**Problem description**.
Once you find the line containing "(apply_unary_alu_op s.a s) in" in the data below, copy it and each following line exactly, up to and including the line containing "unary_accumulator _ s e₁ e₂ = ground arith", and nothing else.

--- Input data ---

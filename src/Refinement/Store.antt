-- ===== src/Refinement/Store.antt =====
-- STA, STX and STY.
use sys.Base.{ℕ, suc, ◌≡◌, ◌≢◌, refl, ap, ◌∙◌, arith}
use sys.Base.Bits.{bit_and-0xFF}
use sys.Cpu.Capture.{capture}
use sys.Cpu.Clock.{settle}
use sys.Cpu.Commit.{commit}
use sys.Cpu.Cycle.{finish, fetch, cycle_of}
use sys.Cpu.Handler.{Handler}
use sys.Cpu.Move.{store_source_value}
use sys.Cpu.MoveSwitch.{store_case}
use sys.Cpu.State.{Cpu, CpuStep, go_to, low, high, write_bus}
use sys.Isa.Exec.{with_address, store_at, register_value}
use sys.Isa.Instr.{Mode, Register}
use sys.Isa.Machine.{Machine, visible, fetch_byte, store_byte}
use sys.Memory.Interface.{BusAccess}
use sys.Refinement.Finishes.{Finishes, conclude}
use sys.Refinement.Load.{case_of}

-- The capture/commit pair of a mode. Nothing is stored in an immediate.
abbrev pub store_handler : Mode → Handler
store_handler Mode.immediate = Handler.unimplemented
store_handler Mode.zero_page = Handler.store_zero_page
store_handler Mode.zero_page_x = Handler.store_zero_page_x
store_handler Mode.zero_page_y = Handler.store_zero_page_y
store_handler Mode.absolute = Handler.store_absolute
store_handler Mode.absolute_x = Handler.store_absolute_x
store_handler Mode.absolute_y = Handler.store_absolute_y
store_handler Mode.indirect_x = Handler.store_indirect_x
store_handler Mode.indirect_y = Handler.store_indirect_y

module _ {M : Type 0} where
  source_lem :
      (reg : Register) (u : Cpu M)
      → store_case u.ir ≡ case_of reg
      → store_source_value u ≡ register_value reg (visible u)
  unfolding store_source_value register_value visible
  source_lem Register.a u e = ground arith
  source_lem _ u e = ground arith

module _ {M : Type 0} ⦃access : BusAccess M⦄ where
  -- The T-state that writes ends the instruction.
  stored :
      (n : ℕ) (h : Handler) (reg : Register) (addr : ℕ) (t u : Cpu M)
      → store_case u.ir ≡ case_of reg
      → visible u ≡ visible t
      → cycle_of h t ≡ go_to CpuStep.t0 (write_bus addr (store_source_value u) u)
      → Finishes (suc n) h t (store_at reg addr (visible t))
  unfolding visible store_at
  stored n h reg addr t u e same writes =
      conclude n h t (write_bus addr (store_source_value u) u) (store_at reg addr (visible t))
        writes
        (ap (λ (v : ℕ). store_byte addr v (visible u)) (source_lem reg u e)
          ∙ ap (λ (m : Machine M). store_byte addr (register_value reg m) m) same)

module _ {M : Type 0} ⦃access : BusAccess M⦄ (reg : Register) (s : Cpu M)
    (stores : store_case (access.read s.bus s.pc).0 ≡ case_of reg) where
  abbrev pub documented : Mode → Machine M
  documented mode = fetch_byte (visible s) (λ _ m. with_address mode m (store_at reg))

  store_zero_page : Finishes 6 Handler.store_zero_page (fetch s) (documented Mode.zero_page)
  unfolding finish fetch cycle_of capture commit settle visible with_address store_at
  store_zero_page =
      let h = Handler.store_zero_page in
      let t = cycle_of h (fetch s) in
      stored 4 h reg t.addr_latch t (settle low (capture h (settle high t))) stores refl refl

  store_zero_page_x : Finishes 6 Handler.store_zero_page_x (fetch s) (documented Mode.zero_page_x)
  unfolding finish fetch cycle_of capture commit settle visible with_address store_at
  store_zero_page_x =
      let h = Handler.store_zero_page_x in
      let t = cycle_of h (cycle_of h (fetch s)) in
      simp (← bit_and-0xFF)
        (stored 3 h reg t.addr_latch t (settle low (capture h (settle high t))) stores refl refl)

  store_zero_page_y : Finishes 6 Handler.store_zero_page_y (fetch s) (documented Mode.zero_page_y)
  unfolding finish fetch cycle_of capture commit settle visible with_address store_at
  store_zero_page_y =
      let h = Handler.store_zero_page_y in
      let t = cycle_of h (cycle_of h (fetch s)) in
      simp (← bit_and-0xFF)
        (stored 3 h reg t.addr_latch t (settle low (capture h (settle high t))) stores refl refl)

  store_absolute : Finishes 6 Handler.store_absolute (fetch s) (documented Mode.absolute)
  unfolding finish fetch cycle_of capture commit settle visible with_address store_at
  store_absolute =
      let h = Handler.store_absolute in
      let t = cycle_of h (cycle_of h (fetch s)) in
      stored 3 h reg t.addr_latch t (settle low (capture h (settle high t))) stores refl refl

  store_absolute_x : Finishes 6 Handler.store_absolute_x (fetch s) (documented Mode.absolute_x)
  unfolding finish fetch cycle_of capture commit settle visible with_address store_at
  store_absolute_x =
      let h = Handler.store_absolute_x in
      let t = cycle_of h (cycle_of h (cycle_of h (fetch s))) in
      stored 2 h reg t.eff_addr t (settle low (capture h (settle high t))) stores refl refl

  store_absolute_y : Finishes 6 Handler.store_absolute_y (fetch s) (documented Mode.absolute_y)
  unfolding finish fetch cycle_of capture commit settle visible with_address store_at
  store_absolute_y =
      let h = Handler.store_absolute_y in
      let t = cycle_of h (cycle_of h (cycle_of h (fetch s))) in
      stored 2 h reg t.eff_addr t (settle low (capture h (settle high t))) stores refl refl

  store_indirect_x : Finishes 6 Handler.store_indirect_x (fetch s) (documented Mode.indirect_x)
  unfolding finish fetch cycle_of capture commit settle visible with_address store_at
  store_indirect_x =
      let h = Handler.store_indirect_x in
      let t = cycle_of h (cycle_of h (cycle_of h (cycle_of h (fetch s)))) in
      simp (← bit_and-0xFF)
        (stored 1 h reg t.eff_addr t (settle low (capture h (settle high t))) stores refl refl)

  store_indirect_y : Finishes 6 Handler.store_indirect_y (fetch s) (documented Mode.indirect_y)
  unfolding finish fetch cycle_of capture commit settle visible with_address store_at
  store_indirect_y =
      let h = Handler.store_indirect_y in
      let t = cycle_of h (cycle_of h (cycle_of h (cycle_of h (fetch s)))) in
      simp (← bit_and-0xFF)
        (stored 1 h reg t.eff_addr t (settle low (capture h (settle high t))) stores refl refl)

  pub store_lem :
      (mode : Mode)
      → mode ≢ Mode.immediate
      → Finishes 6 (store_handler mode) (fetch s) (documented mode)
  store_lem Mode.immediate ne = absurd (ne refl)
  store_lem Mode.zero_page ne = store_zero_page
  store_lem Mode.zero_page_x ne = store_zero_page_x
  store_lem Mode.zero_page_y ne = store_zero_page_y
  store_lem Mode.absolute ne = store_absolute
  store_lem Mode.absolute_x ne = store_absolute_x
  store_lem Mode.absolute_y ne = store_absolute_y
  store_lem Mode.indirect_x ne = store_indirect_x
  store_lem Mode.indirect_y ne = store_indirect_y
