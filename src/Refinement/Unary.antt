-- ===== src/Refinement/Unary.antt =====
-- ASL, LSR, ROL, ROR, INC and DEC.
use sys.Base.{ℕ, ◌+◌, ◌≡◌, ◌≢◌, refl, ap, ◌∙◌, suc, arith}
use sys.Base.Bits.{bit_and-0xFF}
use sys.Cpu.Alu.{execute}
use sys.Cpu.Capture.{capture}
use sys.Cpu.Clock.{settle}
use sys.Cpu.Commit.{commit}
use sys.Cpu.Cycle.{finish, fetch, cycle_of}
use sys.Cpu.Handler.{Handler}
use sys.Cpu.State.{Cpu, CpuStep, go_to, low, high, write_bus, reading}
use sys.Cpu.Unary.{apply_unary_alu_op, commit_unary_alu_flags}
use sys.Cpu.UnarySwitch.{UnaryCase, UnaryResultCase, apply_unary_case, commit_unary_case}
use sys.Isa.Exec.{exec_unary, exec_at, exec_accumulator, with_address}
use sys.Isa.Instr.{Mode, UnaryOp}
use sys.Isa.Machine.{Machine, visible, fetch_byte, with_flags, store_byte}
use sys.Memory.Interface.{BusAccess}
use sys.Refinement.Finishes.{Finishes, conclude, continue}

abbrev pub apply_of : UnaryOp → UnaryCase
apply_of UnaryOp.asl = UnaryCase.asl
apply_of UnaryOp.lsr = UnaryCase.lsr
apply_of UnaryOp.rol = UnaryCase.rol
apply_of UnaryOp.ror = UnaryCase.ror
apply_of UnaryOp.inc = UnaryCase.inc
apply_of UnaryOp.dec = UnaryCase.dec

abbrev pub result_of : UnaryOp → UnaryResultCase
result_of UnaryOp.inc = UnaryResultCase.count
result_of UnaryOp.dec = UnaryResultCase.count
result_of _ = UnaryResultCase.shift

module _ {M : Type 0} where
  apply_step :
      (v : ℕ) (s : Cpu M)
      → ((apply_unary_alu_op v s).cpu_step ≡ s.cpu_step)
        × ((apply_unary_alu_op v s).addr_latch ≡ s.addr_latch)
        × ((apply_unary_alu_op v s).eff_addr ≡ s.eff_addr)
  unfolding apply_unary_alu_op
  apply_step v s = ground arith

module _ {M : Type 0} ⦃access : BusAccess M⦄ where
  -- Latching, settling, writing back and setting the flags is the documented operation.
  unary_write :
      (op : UnaryOp) (v addr : ℕ) (step : CpuStep) (s : Cpu M)
      → apply_unary_case s.ir ≡ apply_of op
      → commit_unary_case s.ir ≡ result_of op
      → let u = go_to step (settle low (apply_unary_alu_op v s)) in
        visible (commit_unary_alu_flags (write_bus addr u.alu_output.value u))
        ≡ with_flags
            (exec_unary op v s.p_flags).1
            (store_byte addr (exec_unary op v s.p_flags).0 (visible s))
  unfolding apply_unary_alu_op commit_unary_alu_flags settle execute exec_unary visible
  unary_write UnaryOp.inc v addr step s e₁ e₂ = ground (arith, bit_and-0xFF (1 + v + 0))
  unary_write UnaryOp.dec v addr step s e₁ e₂ = ground (arith, bit_and-0xFF (255 + v + 0))
  unary_write _ v addr step s e₁ e₂ = ground arith

  unary_accumulator :
      (op : UnaryOp) (s : Cpu M)
      → apply_unary_case s.ir ≡ apply_of op
      → commit_unary_case s.ir ≡ result_of op
      → let u = settle low (apply_unary_alu_op s.a s) in
        visible (commit_unary_alu_flags (record u { a = u.alu_output.value }))
        ≡ exec_accumulator op (visible s)
  unfolding apply_unary_alu_op commit_unary_alu_flags settle execute exec_accumulator visible
  unary_accumulator UnaryOp.inc s e₁ e₂ = ground (arith, bit_and-0xFF (1 + s.a + 0))
  unary_accumulator UnaryOp.dec s e₁ e₂ = ground (arith, bit_and-0xFF (255 + s.a + 0))
  unary_accumulator _ s e₁ e₂ = ground arith

  -- The T-state that reads the operand, an idle one, and the one that writes the result back to
  -- the address that a latch has held meanwhile.
  read_modify_write :
      (n : ℕ) (h : Handler) (op : UnaryOp) (t : Cpu M) (latch : Cpu M → ℕ) (idle last : CpuStep)
      → apply_unary_case t.ir ≡ apply_of op
      → commit_unary_case t.ir ≡ result_of op
      → ((v : ℕ) (m : M)
          → latch (settle low (apply_unary_alu_op v (record (settle high t) { bus = m })))
            ≡ latch t)
      → capture h (settle high t) ≡ reading (latch t) (settle high t) apply_unary_alu_op
      → ((u : Cpu M) → u.cpu_step ≡ t.cpu_step → commit h u ≡ go_to idle u)
      → idle ≢ CpuStep.t0
      → ((u : Cpu M) → cycle_of h (go_to idle u) ≡ go_to last (settle low u))
      → last ≢ CpuStep.t0
      → ((u : Cpu M)
          → let w = go_to last (settle low u) in
            cycle_of h (go_to last u)
            ≡ go_to CpuStep.t0 (commit_unary_alu_flags (write_bus (latch u) w.alu_output.value w)))
      → Finishes (suc (suc (suc n))) h t (exec_at op (latch t) (visible t))
  unfolding cycle_of settle visible exec_at
  read_modify_write n h op t latch idle last e₁ e₂ held captures reads ne₁ idles ne₂ writes =
      let v = (access.read t.bus (latch t)).0 in
      let r = record (settle high t) { bus = (access.read t.bus (latch t)).1 } in
      let u = settle low (apply_unary_alu_op v r) in
      let w = go_to last u in
      let goal = exec_at op (latch t) (visible t) in
      continue (suc (suc n)) h t (go_to idle u) goal
        (ap (λ (q : Cpu M). commit h (settle low q)) captures ∙ reads u (apply_step v r).0) ne₁
        (continue (suc n) h (go_to idle u) w goal (idles u) ne₂ (
          conclude n h w (commit_unary_alu_flags (write_bus (latch u) w.alu_output.value w)) goal
            (writes u)
            (unary_write op v (latch u) last r e₁ e₂
              ∙ ap
                  (λ (k : ℕ).
                    with_flags (exec_unary op v r.p_flags).1
                      (store_byte k (exec_unary op v r.p_flags).0 (visible r)))
                  (held v r.bus))))

module _ {M : Type 0} ⦃access : BusAccess M⦄ (op : UnaryOp) (s : Cpu M)
    (applies : apply_unary_case (access.read s.bus s.pc).0 ≡ apply_of op)
    (results : commit_unary_case (access.read s.bus s.pc).0 ≡ result_of op) where
  abbrev pub documented : Mode → Machine M
  documented mode = fetch_byte (visible s) (λ _ m. with_address mode m (exec_at op))

  pub shift_accumulator :
      Finishes 6 Handler.shift_accumulator
        (fetch s)
        (fetch_byte (visible s) (λ _ m. exec_accumulator op m))
  unfolding finish fetch cycle_of capture commit settle visible
  shift_accumulator =
      let h = Handler.shift_accumulator in
      let t = fetch s in
      let u = settle low (apply_unary_alu_op t.a (settle high t)) in
      conclude 5 h t (commit_unary_alu_flags (record u { a = u.alu_output.value }))
        (fetch_byte (visible s) (λ _ m. exec_accumulator op m)) refl
        (unary_accumulator op (settle high t) applies results)

  pub rmw_zero_page : Finishes 6 Handler.rmw_zero_page (fetch s) (documented Mode.zero_page)
  unfolding finish fetch cycle_of capture commit settle visible with_address exec_at
  rmw_zero_page =
      let h = Handler.rmw_zero_page in
      let t = cycle_of h (fetch s) in
      read_modify_write 2 h op t (λ u. u.addr_latch) CpuStep.t3 CpuStep.t4 applies results
        (λ v m. (apply_step v (record (settle high t) { bus = m })).1) refl (λ u e. rw e) (λ q. cc)
        (λ u. refl) (λ q. cc) (λ u. refl)

  pub rmw_zero_page_x : Finishes 6 Handler.rmw_zero_page_x (fetch s) (documented Mode.zero_page_x)
  unfolding finish fetch cycle_of capture commit settle visible with_address exec_at
  rmw_zero_page_x =
      let h = Handler.rmw_zero_page_x in
      let t = cycle_of h (cycle_of h (fetch s)) in
      simp (← bit_and-0xFF) (
        read_modify_write 1 h op t (λ u. u.addr_latch) CpuStep.t4 CpuStep.t5 applies results
          (λ v m. (apply_step v (record (settle high t) { bus = m })).1) refl (λ u e. rw e)
          (λ q. cc) (λ u. refl) (λ q. cc) (λ u. refl))

  pub rmw_absolute : Finishes 6 Handler.rmw_absolute (fetch s) (documented Mode.absolute)
  unfolding finish fetch cycle_of capture commit settle visible with_address exec_at
  rmw_absolute =
      let h = Handler.rmw_absolute in
      let t = cycle_of h (cycle_of h (fetch s)) in
      read_modify_write 1 h op t (λ u. u.addr_latch) CpuStep.t4 CpuStep.t5 applies results
        (λ v m. (apply_step v (record (settle high t) { bus = m })).1) refl (λ u e. rw e) (λ q. cc)
        (λ u. refl) (λ q. cc) (λ u. refl)

  pub rmw_absolute_x : Finishes 6 Handler.rmw_absolute_x (fetch s) (documented Mode.absolute_x)
  unfolding finish fetch cycle_of capture commit settle visible with_address exec_at
  rmw_absolute_x =
      let h = Handler.rmw_absolute_x in
      let t = cycle_of h (cycle_of h (cycle_of h (fetch s))) in
      read_modify_write 0 h op t (λ u. u.eff_addr) CpuStep.t5 CpuStep.t6 applies results
        (λ v m. (apply_step v (record (settle high t) { bus = m })).2) refl (λ u e. rw e) (λ q. cc)
        (λ u. refl) (λ q. cc) (λ u. refl)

---

**Task result**.
      → let u = settle low (apply_unary_alu_op s.a s) in
        visible (commit_unary_alu_flags (record u { a = u.alu_output.value }))
        ≡ exec_accumulator op (visible s)
  unfolding apply_unary_alu_op commit_unary_alu_flags settle execute exec_accumulator visible
  unary_accumulator UnaryOp.inc s e₁ e₂ = ground (arith, bit_and-0xFF (1 + s.a + 0))
  unary_accumulator UnaryOp.dec s e₁ e₂ = ground (arith, bit_and-0xFF (255 + s.a + 0))
  unary_accumulator _ s e₁ e₂ = ground arith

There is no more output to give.